Jack moved before I could scream.
Jack moved so quickly that Ben was grasping his bloodied nose, with his back
against the wall in the time it took me to reach David. And David spluttered,
and choked and fell from his knees to his stomach, and took these ragged,
shuddering breaths that sounded like nothing but pain.
His broken figure lay on the floor,
underneath my shaking, useless hands.
“David,” I whispered through tears.
“David, come on.” I turned him over. His eyes were open and he was breathing
shallowly.
Ben struggled against Jack and Jack
hit him again and he slumped, dejectedly against the wall.
“Get the fuck off of me,” Ben shouted.
“Hads?” David whispered.
“I’m here, baby,” I said. “We’re
here.”
“Hadley,” he whispered hoarsely.
“If you touch him again I will
fucking bury you, Mitchell,” Jack roared. “Do you understand me?” He slammed
Ben’s body against the wall so hard that the picture frames rattled. “Get the
fuck out.”
As soon as Jack released him, Ben
fled.
I tried to help David up, but he
curled away from me. “Go away,” he said, as the door slammed. “Go away,
please.”
“I’m calling the police,” Jack
said. “He’s in shock.”
“No,” David whimpered.
“He needs ice,” Jack said, not
listening to David and grabbing his phone.

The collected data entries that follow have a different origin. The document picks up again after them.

-- ===== src/Waeio/Tests.antt =====
-- src/waeio.c: the scheduler run with small fiber libraries, and the theorems at concrete states.
use waeio.Prelude.{
  inl, ℕ, zero, suc, ◌+◌, ◌≡◌, refl, arith, true, ℤ, pos, minus_one, List, [], ◌∷◌, some, none,
  done,
}
use waeio.Wasio.{RecvReply, Host}
use waeio.Wasio.Table.{State, wasio_poll}
use waeio.Wasio.Sample.{toy-PollsInPlace, toy, says, one_open, one_open-IsTable}
use waeio.Waeio.{
  suspend, recv, quit, Cmd, io_cmd, async_cmd, fiber_yield, FiberClosure, Queue, nil, wild, node,
  Fibers, Ctl, handle_request, handle_cmd, run_ready, scheduling_loop, enqueue, queue_push,
}
use waeio.Wasio.Table.{Exports}
use waeio.Waeio.Main.{Start, set_up}
use waeio.Waeio.Start.{SetUp, set_up-SetUp}
use waeio.Waeio.Requeueing.{IsEnded, AllSuspend}
use waeio.Waeio.Rounds.{Polls, PollsNothing, Rotated, run_next_suspends, scheduling_loop_idle}
use waeio.Waeio.Requests.{IsCtl, Handled, handle_request-Handled}
use waeio.Waeio.Loop.{NothingReady, Ending, scheduling_loop-Ending}
use waeio.Waeio.Ready.{FibersBehave, Ready, run_ready-Ready}
use waeio.Waeio.Api.{View, for_ready, waeio_accept}
use waeio.Waeio.Accepting.{Accepting, waeio_accept-Accepting}
use waeio.Waeio.Retrying.{NotKilled, ready, would_block, recv_run, recv_run_returns}

-- Fibers that yield one command forever; their memory counts the resumptions.
abbrev always : Cmd → Fibers ℕ ℕ
always cmd = record {
  fiber_alloc = λ m entry. (9, m);
  fiber_resume =
      λ m w fiber arg. record { status = fiber_yield; payload = cmd; wasio = w; memory = m + 1 };
  fiber_free = λ m fiber. m;
  free = λ m fiber. m;
}

abbrev suspending : Fibers ℕ ℕ
suspending = always (io_cmd suspend minus_one (pos 0))

abbrev clo : ℕ → FiberClosure
clo fiber = record { fiber = fiber; arg = pos 0 }

abbrev ctl_with : Queue → Ctl ℕ ℕ
ctl_with front = record {
  nconns = 1;
  max_conns = 2;
  frontq = front;
  rearq = nil;
  wasio = one_open;
  fibers = 5 ∷ 6 ∷ [];
  memory = 0;
}

abbrev two_ready : Ctl ℕ ℕ
two_ready = ctl_with (node (clo 5) (node (clo 6) nil))

-- No event, or always one for the descriptor 0.
abbrev no_events : State ℕ → ℕ → List ℕ
no_events w n = []

abbrev first_ready : State ℕ → ℕ → List ℕ
first_ready w n = 0 ∷ []

module _ (lib : Fibers ℕ ℕ) (vfds : List ℕ) where
  toy-Polls : (w : State ℕ) → Polls lib toy (λ w n. vfds) (pos 0) 0 w vfds
  unfolding wasio_poll
  toy-Polls w = record { nready = 0; after = w; answers = refl; visits = refl }

suspending-AllSuspend : AllSuspend suspending
unfolding AllSuspend
suspending-AllSuspend m w fiber arg = (refl, refl)

suspending_quiet : PollsNothing suspending toy no_events (pos 0) 0
unfolding PollsNothing
suspending_quiet w = toy-Polls suspending [] w

run_next_suspends_example : Rotated suspending toy no_events (pos 0) 0 two_ready
run_next_suspends_example =
    run_next_suspends suspending toy no_events (pos 0) 0 two_ready suspending-AllSuspend
      suspending_quiet (unfold IsEnded in tt) refl

scheduling_loop_idle_example :
    scheduling_loop suspending toy no_events (pos 0) 100 0 (ctl_with nil) ≡ done none
scheduling_loop_idle_example =
    scheduling_loop_idle suspending toy no_events (pos 0) 0 100 (ctl_with nil) suspending_quiet refl
      refl

-- The main fiber suspends itself, and the queue behind it was never set.
abbrev wild_start : Ctl ℕ ℕ
wild_start = ctl_with (node (clo 5) wild)

abbrev wild_after : Ctl ℕ ℕ
wild_after = record wild_start { frontq = wild; rearq = node (clo 5) nil; memory = 1 }

suspend_handled :
    handle_request suspending
      (record wild_start { frontq = wild; memory = 1 })
      5
      fiber_yield
      (io_cmd suspend minus_one (pos 0))
    ≡ done (true, wild_after)
unfolding handle_request handle_cmd enqueue queue_push
suspend_handled = refl

abbrev quitting : Fibers ℕ ℕ
quitting = always (io_cmd quit minus_one (pos 0))

-- A fiber waits to receive from 0, and the unset word holds 1.
two_ready-IsCtl : IsCtl two_ready
two_ready-IsCtl = record { table = one_open-IsTable; capacity_is = refl; room = refl }

handle_request-Handled_example :
    Handled suspending two_ready fiber_yield
      (async_cmd (pos 100) (pos 1))
      (handle_request suspending two_ready 5 fiber_yield (async_cmd (pos 100) (pos 1)))
handle_request-Handled_example =
    handle_request-Handled suspending two_ready 5 fiber_yield (async_cmd (pos 100) (pos 1))
      two_ready-IsCtl (omega arith)

-- Fibers that name the descriptor 0.
abbrev receiving : Fibers ℕ ℕ
receiving = always (io_cmd recv (pos 0) (pos 0))

receiving-FibersBehave : FibersBehave receiving
receiving-FibersBehave = record {
  keep_table = λ m w fiber arg t. t;
  keep_capacity = λ m w fiber arg. refl;
  name_entries = λ m w fiber arg t. omega (arith, t.invariant.positive, t.size_eq);
}

run_ready-Ready_example :
    Ready receiving two_ready.frontq two_ready (run_ready receiving two_ready.frontq two_ready none)
run_ready-Ready_example =
    run_ready-Ready receiving two_ready.frontq two_ready none receiving-FibersBehave two_ready-IsCtl
      (unfold IsEnded in tt) refl

-- A fiber accepts on the virtual descriptor 0.
abbrev view : View ℕ
view = record { errno = pos 0; nconns = 1; max_conns = 2; wasio = one_open }

waeio_accept-Accepting_example :
    Accepting toy 0
      (pos 0)
      view
      one_open-IsTable
      (omega arith)
      (pos 1)
      (pos 0)
      (waeio_accept toy (pos 0) (pos 0) for_ready (pos 1) (pos 0) view)
waeio_accept-Accepting_example =
    waeio_accept-Accepting toy 0 (pos 0) view one_open-IsTable (omega arith) for_ready (pos 1)
      (pos 0)

-- A host whose state counts down to the receive that does not block.
abbrev slow_recv : ℕ → ℤ → ℕ → RecvReply ℕ
slow_recv zero fd len = record { reply = says (pos 2) 0; bytes = 104 ∷ 105 ∷ [] }
slow_recv (suc w) fd len = record {
  reply = record { answer = minus_one; errno = some (pos 11); world = w };
  bytes = [];
}

abbrev slow : Host ℕ
slow = record toy { recv = slow_recv }

abbrev blocked_twice : View ℕ
blocked_twice = record view { wasio = record one_open { world = 2 } }

recv_run_returns_example :
    (v' : View ℕ) × (recv_run slow (pos 0) (pos 0) 16 (pos 1 ∷ pos 1 ∷ pos 1 ∷ []) blocked_twice
      ≡ done (some (pos 2), v'))
    × (v'.wasio.wfd ≡ one_open.wfd)
    × (v'.wasio.world ≡ 0)
recv_run_returns_example =
    recv_run_returns slow 0 (pos 0) 16 blocked_twice 2 2 0 (pos 1 ∷ pos 1 ∷ pos 1 ∷ [])
      one_open-IsTable (omega arith) (unfold NotKilled in (refl, (refl, (refl, tt)))) refl
      (would_block 2 1 0 refl refl (would_block 1 0 0 refl refl (ready 0 refl refl)))

-- `waeio_main` with two connections and a host that listens on its descriptor 8.
abbrev toy_exports : Exports
toy_exports name = 1

abbrev start : Start
start = record {
  max_connections = 2;
  front_block = nil;
  rear_block = nil;
  fl_memory = true;
  vfds_memory = true;
  fds_memory = true;
  servsock = pos 0;
  servsock_address = pos 1000;
  status_address = pos 2000;
  uninit = 0;
}

set_up-SetUp_example :
    SetUp suspending toy toy_exports no_events start one_open 0
      (pos 64)
      (set_up suspending toy toy_exports no_events start one_open 0 (pos 64))
set_up-SetUp_example =
    set_up-SetUp suspending toy toy_exports no_events start one_open 0 (pos 64) 8
      (record { fl = refl; vfds = refl; fds = refl; front = refl; rear = refl }) (omega arith)
      (omega arith) (inl (omega arith)) refl

no_events_ready : NothingReady receiving toy no_events (pos 0) 0
unfolding NothingReady
no_events_ready w n = refl

scheduling_loop-Ending_example :
    Ending receiving toy no_events
      (pos 0)
      0
      100
      two_ready
      (scheduling_loop receiving toy no_events (pos 0) 100 0 two_ready)
scheduling_loop-Ending_example =
    scheduling_loop-Ending receiving toy no_events (pos 0) 0 100 two_ready receiving-FibersBehave
      toy-PollsInPlace no_events_ready
      (record {
        invariant = two_ready-IsCtl;
        front_ended = unfold IsEnded in tt;
        rear_ended = unfold IsEnded in tt;
      })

“No,” David said softly. “Stop.
Hadley…I’m fine.”
I heard Jack on his cell phone
walking down to the kitchen.
“I’m calling to report a crime,”
Jack said deliberately into the phone. I watched him and my lungs and chest
filled with something, air and something else. I think it was gratitude. “2333
McBride Street. Apartment 2D.” Jack’s voice didn’t waver as David started to
cry.
He handed me a bag of ice and paced
before us, a look of capable concern on his face.

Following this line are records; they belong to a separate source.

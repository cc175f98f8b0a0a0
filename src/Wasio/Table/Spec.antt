-- ===== src/Wasio/Table/Spec.antt =====
-- src/wasio_host.c: what the backend promises its clients, without the freelist and the arrays: a
-- finite map from virtual descriptors to the host's.
use waeio.Prelude.{
  ℕ, ◌+◌, ◌<◌, ◌≡◌, ◌≢◌, ℤ, pos, minus_one, is_neg, true, false, List, [], ◌∷◌, Option, none, some,
  length, get_or, if◌then◌else◌, ◌==◌,
}
use waeio.Wasio.{Pollfd, Host, Reply}
use waeio.Wasio.Table.{unused}
use waeio.Wasio.Table.Calls.{
  Call, listens, accepts, polls, recvs, sends, closes, notifies_recv, notifies_send,
}

-- The map below `capacity`, how many descriptors it binds, and the state of the host.
pub record Bindings (W : Type 0) : Type 0 where
  pub image : ℕ → Option ℤ
  pub capacity : ℕ
  pub count : ℕ
  pub world : W

-- What the host is asked about for a virtual descriptor: -1 where it has no image.
abbrev pub or_closed : Option ℤ → ℤ
or_closed none = minus_one
or_closed (some fd) = fd

module _ {W : Type 0} where
  -- The map stays, and the host's state is `w`.
  pub record Same (a : Bindings W) (w : W) (b : Bindings W) : Type 0 where
    pub image_is : (j : ℕ) → b.image j ≡ a.image j
    pub capacity_is : b.capacity ≡ a.capacity
    pub count_is : b.count ≡ a.count
    pub world_is : b.world ≡ w

  -- `e`, the least descriptor without an image, gets the image `fd`.
  pub record Binds (a : Bindings W) (e : ℕ) (fd : ℤ) (w : W) (b : Bindings W) : Type 0 where
    pub below : e < a.capacity
    pub fresh : a.image e ≡ none
    pub least : (j : ℕ) → j < e → a.image j ≢ none
    pub image_is : (j : ℕ) → b.image j ≡ (if e == j then some fd else a.image j)
    pub capacity_is : b.capacity ≡ a.capacity
    pub count_is : b.count ≡ a.count + 1
    pub world_is : b.world ≡ w

  -- `e` loses its image.
  pub record Unbinds (a : Bindings W) (e : ℕ) (w : W) (b : Bindings W) : Type 0 where
    pub held : a.image e ≢ none
    pub image_is : (j : ℕ) → b.image j ≡ (if e == j then none else a.image j)
    pub capacity_is : b.capacity ≡ a.capacity
    pub count_is : b.count + 1 ≡ a.count
    pub world_is : b.world ≡ w

  -- The host was asked for a descriptor, and replied `r`.
  pub data Acquires (a : Bindings W) (r : Reply W) (b : Bindings W) : Type 0 where
    refused : is_neg r.answer ≡ true → Same a r.world b → Acquires a r b
    no_room : is_neg r.answer ≡ false → a.count ≡ a.capacity → Same a r.world b → Acquires a r b
    gained : (e : ℕ) → is_neg r.answer ≡ false → Binds a e r.answer r.world b → Acquires a r b

  -- The host was asked to close the image of `e`, and replied `r`.
  pub data Releases (a : Bindings W) (e : ℕ) (r : Reply W) (b : Bindings W) : Type 0 where
    kept : r.answer ≢ pos 0 → Same a r.world b → Releases a e r b
    released : r.answer ≡ pos 0 → Unbinds a e r.world b → Releases a e r b

module _ {W : Type 0} (host : Host W) where
  -- The host was asked to poll entries that name exactly the images.
  pub record Polls (a : Bindings W) (timeout : ℤ) (b : Bindings W) : Type 0 where
    pub fds : List Pollfd
    pub room : length fds ≡ a.capacity
    pub asks : (e : ℕ) → e < a.capacity → (get_or fds e unused).fd ≡ or_closed (a.image e)
    pub same : Same a (host.poll a.world fds a.capacity timeout).reply.world b

  -- What each call does. Calls other than these three kinds leave the map alone: they only ask the
  -- host, about the image of the descriptor that they name.
  abbrev pub Move : Bindings W → Call → Bindings W → Type 0
  Move a (listens vfd port backlog) b = Acquires a (host.listen a.world port backlog) b
  Move a (accepts e new_conn) b = Acquires a (host.accept a.world (or_closed (a.image e))) b
  Move a (closes e) b = Releases a e (host.close a.world (or_closed (a.image e))) b
  Move a (polls evlen timeout) b = Polls a timeout b
  Move a (recvs e len recvlen) b =
      Same a (host.recv a.world (or_closed (a.image e)) len).reply.world b
  Move a (sends e buf len sendlen) b =
      Same a (host.send a.world (or_closed (a.image e)) buf len).world b
  Move a (notifies_recv e) b = Same a a.world b
  Move a (notifies_send e) b = Same a a.world b

  -- A sequence of moves, one for each call.
  abbrev pub Moves : Bindings W → List Call → Bindings W → Type 0
  Moves a [] d = Same a a.world d
  Moves a (c ∷ cs) d = (b : Bindings W) × Move a c b × Moves b cs d
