-- ===== src/Wasio/Table/View.antt =====
-- src/wasio_host.c: the map from virtual descriptors that a table stands for.
use waeio.Prelude.{
  ℕ, ◌<◌, ◌≡◌, ◌≢◌, refl, ◌∙◌, arith, inl, inr, ℤ, minus_one, List, get_or, none, Outcome, done,
  ◌==◌, Bool-cases,
}
use waeio.Freelist.{Freelist}
use waeio.Freelist.View.{free}
use waeio.Wasio.Table.{Wfd, State, unused}
use waeio.Wasio.Table.Invariant.{IsTable, lookup}
use waeio.Wasio.Table.Spec.{Bindings, or_closed}

-- The map that a table stands for.
abbrev pub view : {W : Type 0} (s : State W) → IsTable s.wfd → Bindings W
view s t = record {
  image = lookup t.list s.wfd.fds;
  capacity = s.wfd.capacity;
  count = s.wfd.length;
  world = s.world;
}

-- What the code reads for a descriptor of the table is its image, or -1.
pub translates :
    {wfd : Wfd} (t : IsTable wfd) (e : ℕ)
    → e < wfd.capacity
    → get_or wfd.fds e minus_one ≡ or_closed (lookup t.list wfd.fds e)
unfolding lookup
translates {wfd} t e below = elim (Bool-cases (free t.list e == 1)) [
  | inl is_free ↦ rw is_free (t.unused_fd e below (ground arith))
  | inr taken ↦ rw taken refl
]

pub polled :
    {wfd : Wfd} (t : IsTable wfd) (e : ℕ)
    → e < wfd.capacity
    → (get_or wfd.vfds e unused).fd ≡ or_closed (lookup t.list wfd.fds e)
polled t e below = t.agrees e ∙ translates t e below

pub lookup-ne_none :
    (list : Freelist) (fds : List ℤ) (e : ℕ) → free list e ≢ 1 → lookup list fds e ≢ none
unfolding lookup
lookup-ne_none list fds e h = ground arith

module _ {W : Type 0} where
  -- A normal return with a table of the same capacity, whose map is as `P` says.
  pub record Refines (P : Bindings W → Type 0) (cap : ℕ) (o : Outcome (State W)) : Type 0 where
    pub state : State W
    pub returns : o ≡ done state
    pub table : IsTable state.wfd
    pub capacity_is : state.wfd.capacity ≡ cap
    pub moves : P (view state table)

I put a hand on David’s back and he
pushed me away. “An assault. Yes, ma’am—his name is Ben Mitchell. He’s a
student at Northwestern. The athletic department should have his address and
photograph on file. The victim’s name is David McPhee.”
“Hadley, please,” David said in a
broken voice.
“He needs medical attention. No,
he’s alert, but he’s injured,” Jack said calmly, ignoring David. “Thank you. We
will.”
When he hung up the phone, Jack
walked over and picked David up. That was something that I wished I could do,
but couldn’t. He put him on the couch, steadied him. “Are you drunk?” Jack
asked him seriously.
David shook his head. “No.”
“Did he hit you in the head?”
David nodded. Jack was the strong
one, the capable one. He pulled David’s hands away from his face so he could
see his eyes. “You’re okay,” he told David softly when the sirens grew louder.
David flinched. And then he slumped
against me and I held his body against mine and pressed my lips to his forehead.
The little comfort I offered made him whimper.
The officers came before long.
Their footsteps made him flinch. When they sat down, all I could see was the
boy from South Dakota, who heard the word ‘fag’ in church and tried to hide all
of the truest parts of his soul. He knew if they found out who he was, they’d
kill him. And then, like everyone promised, it had actually gotten better. But
then it got worse. Really, really awful.